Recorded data
-.-.-
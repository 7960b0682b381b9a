-- ===== src/Kheap.antt =====
-- src/mem/kheap.c and kheap.h: the kernel heap. Blocks lie side by side in memory: a header of 9 bytes,
-- the data, a footer of 8 bytes. The holes stand in an index in the order of their sizes.
-- A failed `ASSERT` is `none`. The memory of the index stands apart, in its list.
pub mod Bytes
pub mod Blocks
pub mod Index
pub mod Tiling
pub mod Heap
pub mod Merge
pub mod MergeLeft
pub mod Release
pub mod Validate
pub mod Create
pub mod FirstFit
pub mod Cut
pub mod Take
pub mod Allocate
pub mod Grow
pub mod Extend
pub mod Locked
pub mod Alloc
pub mod Free
pub mod Calls
mod Tests
use luck_os.Common.{
  ℕ, zero, suc, ◌+◌, ◌-◌, ◌*◌, ◌/◌, ◌%◌, ◌^◌, Bool, true, false, not, Option, none, some, List,
  ◌==◌, leb, ltb, ◌&&◌, if◌then◌else◌, ◌>>=◌,
}
use luck_os.Common.Int.{ℤ, pos, negsuc}
use luck_os.OrderedArray.{
  OrderedArray, ordered_array_create, ordered_array_insert, ordered_array_get, ordered_array_remove,
  ordered_array_remove_element, ordered_array_find_element,
}
use Bytes.{Memory, read32, write8, write32}

abbrev pub kheap_start : ℕ
kheap_start = 0xc0c0_0000

abbrev pub kheap_min_size : ℕ
kheap_min_size = 0x30_0000

abbrev pub kheap_max : ℕ
kheap_max = 0xe000_0000

abbrev pub kheap_index_num : ℕ
kheap_index_num = 0x2_0000

abbrev pub kheap_magic : ℕ
kheap_magic = 0x1230_60ab

abbrev pub page_size : ℕ
page_size = 4096

abbrev pub header_size : ℕ
header_size = 9

abbrev pub footer_size : ℕ
footer_size = 8

abbrev pub block_meta_size : ℕ
block_meta_size = 17

abbrev pub u32 : ℕ → ℕ
u32 n = n % 2 ^ 32

-- `a - b` on `uint32`.
abbrev pub sub32 : ℕ → ℕ → ℕ
sub32 a b = (a + 2 ^ 32 - b) % 2 ^ 32

pub record Kheap : Type 0 where
  pub index : OrderedArray
  pub start_address : ℕ
  pub end_address : ℕ
  pub size : ℕ
  pub max_address : ℕ
  pub supervisor : ℕ
  pub readonly : ℕ

-- The fields of `kheap_block_header` and `kheap_block_footer`.
abbrev pub header_magic : Memory → ℕ → ℕ
header_magic m a = read32 m a

abbrev pub header_is_hole : Memory → ℕ → ℕ
header_is_hole m a = m (a + 4)

abbrev pub header_length : Memory → ℕ → ℕ
header_length m a = read32 m (a + 5)

abbrev pub footer_magic : Memory → ℕ → ℕ
footer_magic m a = read32 m a

abbrev pub footer_header : Memory → ℕ → ℕ
footer_header m a = read32 m (a + 4)

-- `num & 0xFFF` is the remainder by 4096.
pub align_to_page : ℕ → ℕ
align_to_page num =
    if not (num % page_size == 0) then u32 (num / page_size * page_size + page_size) else num

-- The growth, and the heap.
pub kheap_expand : Kheap → ℕ → Option (ℕ × Kheap)
kheap_expand h size =
    let expand_size = align_to_page size in
    if expand_size == 0
    then some (0, h)
    else let new_end = u32 (h.end_address + expand_size) in
      if leb new_end h.max_address
      then some (expand_size, record h { end_address = new_end; size = u32 (h.size + expand_size) })
      else none

kheap_contract : Kheap → ℕ → ℕ × Kheap
kheap_contract h size =
    let contract_size = align_to_page size in
    if contract_size == 0
    then (0, h)
    else let rest = sub32 h.size contract_size in
      let new_size = if ltb rest kheap_min_size then kheap_min_size else rest in
      (new_size, record h { size = new_size; end_address = u32 (h.start_address + new_size) })

pub make_block : Memory → ℕ → ℕ → ℕ → Option Memory
make_block m start size is_hole =
    if size == 0
    then none
    else let footer = sub32 (u32 (start + size + block_meta_size)) footer_size in
      let m₁ = write32 m start kheap_magic in
      let m₂ = write32 m₁ (start + 5) size in
      let m₃ = write8 m₂ (start + 4) is_hole in
      let m₄ = write32 m₃ footer kheap_magic in some (write32 m₄ (footer + 4) start)

pub kheap_block_comparator : Memory → ℕ → ℕ → ℤ
kheap_block_comparator m x y =
    let size1 = header_length m x in
    let size2 = header_length m y in
    if ltb size1 size2 then negsuc 0 else if size1 == size2 then pos 0 else pos 1

-- The comparator reads the memory as it is at the call.
pub insert_hole : Memory → Kheap → ℕ → Option Kheap
insert_hole m h header = do
  (result, index) ←
      ordered_array_insert (record h.index { comparator = kheap_block_comparator m }) header
  some (record h { index = index })

-- `ASSERT(remove)`
pub remove_hole : Kheap → ℕ → Option Kheap
remove_hole h header = do
  (result, index) ← ordered_array_remove_element h.index header
  if result == 0 then none else some (record h { index = index })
-.-.-
# EXERCISE DETAILS
Recopy the records without any alteration.

# RESPONSE BOX
repository 7960b0682b381b9a
-- ===== src/Kheap.antt =====
-- src/mem/kheap.c and kheap.h: the kernel heap. Blocks lie side by side in memory: a header of 9 bytes,
-- the data, a footer of 8 bytes. The holes stand in an index in the order of their sizes.
-- A failed `ASSERT` is `none`. The memory of the index stands apart, in its list.
pub mod Bytes
pub mod Blocks
pub mod Index
pub mod Tiling
pub mod Heap
pub mod Merge
pub mod MergeLeft
pub mod Release
pub mod Validate
pub mod Create
pub mod FirstFit
pub mod Cut
pub mod Take
pub mod Allocate
pub mod Grow
pub mod Extend
pub mod Locked
pub mod Alloc
pub mod Free
pub mod Calls
mod Tests
use luck_os.Common.{
  ℕ, zero, suc, ◌+◌, ◌-◌, ◌*◌, ◌/◌, ◌%◌, ◌^◌, Bool, true, false, not, Option, none, some, List,
  ◌==◌, leb, ltb, ◌&&◌, if◌then◌else◌, ◌>>=◌,
}
use luck_os.Common.Int.{ℤ, pos, negsuc}
use luck_os.OrderedArray.{
  OrderedArray, ordered_array_create, ordered_array_insert, ordered_array_get, ordered_array_remove,
  ordered_array_remove_element, ordered_array_find_element,
}
use Bytes.{Memory, read32, write8, write32}

abbrev pub kheap_start : ℕ
kheap_start = 0xc0c0_0000

abbrev pub kheap_min_size : ℕ
kheap_min_size = 0x30_0000

abbrev pub kheap_max : ℕ
kheap_max = 0xe000_0000

abbrev pub kheap_index_num : ℕ
kheap_index_num = 0x2_0000

abbrev pub kheap_magic : ℕ
kheap_magic = 0x1230_60ab

abbrev pub page_size : ℕ
page_size = 4096

abbrev pub header_size : ℕ
header_size = 9

abbrev pub footer_size : ℕ
footer_size = 8

abbrev pub block_meta_size : ℕ
block_meta_size = 17

abbrev pub u32 : ℕ → ℕ
u32 n = n % 2 ^ 32

-- `a - b` on `uint32`.
abbrev pub sub32 : ℕ → ℕ → ℕ
sub32 a b = (a + 2 ^ 32 - b) % 2 ^ 32

pub record Kheap : Type 0 where
  pub index : OrderedArray
  pub start_address : ℕ
  pub end_address : ℕ
  pub size : ℕ
  pub max_address : ℕ
  pub supervisor : ℕ
  pub readonly : ℕ

-- The fields of `kheap_block_header` and `kheap_block_footer`.
abbrev pub header_magic : Memory → ℕ → ℕ
header_magic m a = read32 m a

abbrev pub header_is_hole : Memory → ℕ → ℕ
header_is_hole m a = m (a + 4)

abbrev pub header_length : Memory → ℕ → ℕ
header_length m a = read32 m (a + 5)

abbrev pub footer_magic : Memory → ℕ → ℕ
footer_magic m a = read32 m a

abbrev pub footer_header : Memory → ℕ → ℕ
footer_header m a = read32 m (a + 4)

-- `num & 0xFFF` is the remainder by 4096.
pub align_to_page : ℕ → ℕ
align_to_page num =
    if not (num % page_size == 0) then u32 (num / page_size * page_size + page_size) else num

-- The growth, and the heap.
pub kheap_expand : Kheap → ℕ → Option (ℕ × Kheap)
kheap_expand h size =
    let expand_size = align_to_page size in
    if expand_size == 0
    then some (0, h)
    else let new_end = u32 (h.end_address + expand_size) in
      if leb new_end h.max_address
      then some (expand_size, record h { end_address = new_end; size = u32 (h.size + expand_size) })
      else none

kheap_contract : Kheap → ℕ → ℕ × Kheap
kheap_contract h size =
    let contract_size = align_to_page size in
    if contract_size == 0
    then (0, h)
    else let rest = sub32 h.size contract_size in
      let new_size = if ltb rest kheap_min_size then kheap_min_size else rest in
      (new_size, record h { size = new_size; end_address = u32 (h.start_address + new_size) })

pub make_block : Memory → ℕ → ℕ → ℕ → Option Memory
make_block m start size is_hole =
    if size == 0
    then none
    else let footer = sub32 (u32 (start + size + block_meta_size)) footer_size in
      let m₁ = write32 m start kheap_magic in
      let m₂ = write32 m₁ (start + 5) size in
      let m₃ = write8 m₂ (start + 4) is_hole in
      let m₄ = write32 m₃ footer kheap_magic in some (write32 m₄ (footer + 4) start)

pub kheap_block_comparator : Memory → ℕ → ℕ → ℤ
kheap_block_comparator m x y =
    let size1 = header_length m x in
    let size2 = header_length m y in
    if ltb size1 size2 then negsuc 0 else if size1 == size2 then pos 0 else pos 1

-- The comparator reads the memory as it is at the call.
pub insert_hole : Memory → Kheap → ℕ → Option Kheap
insert_hole m h header = do
  (result, index) ←
      ordered_array_insert (record h.index { comparator = kheap_block_comparator m }) header
  some (record h { index = index })

-- `ASSERT(remove)`
pub remove_hole : Kheap → ℕ → Option Kheap
remove_hole h header = do
  (result, index) ← ordered_array_remove_element h.index header
  if result == 0 then none else some (record h { index = index })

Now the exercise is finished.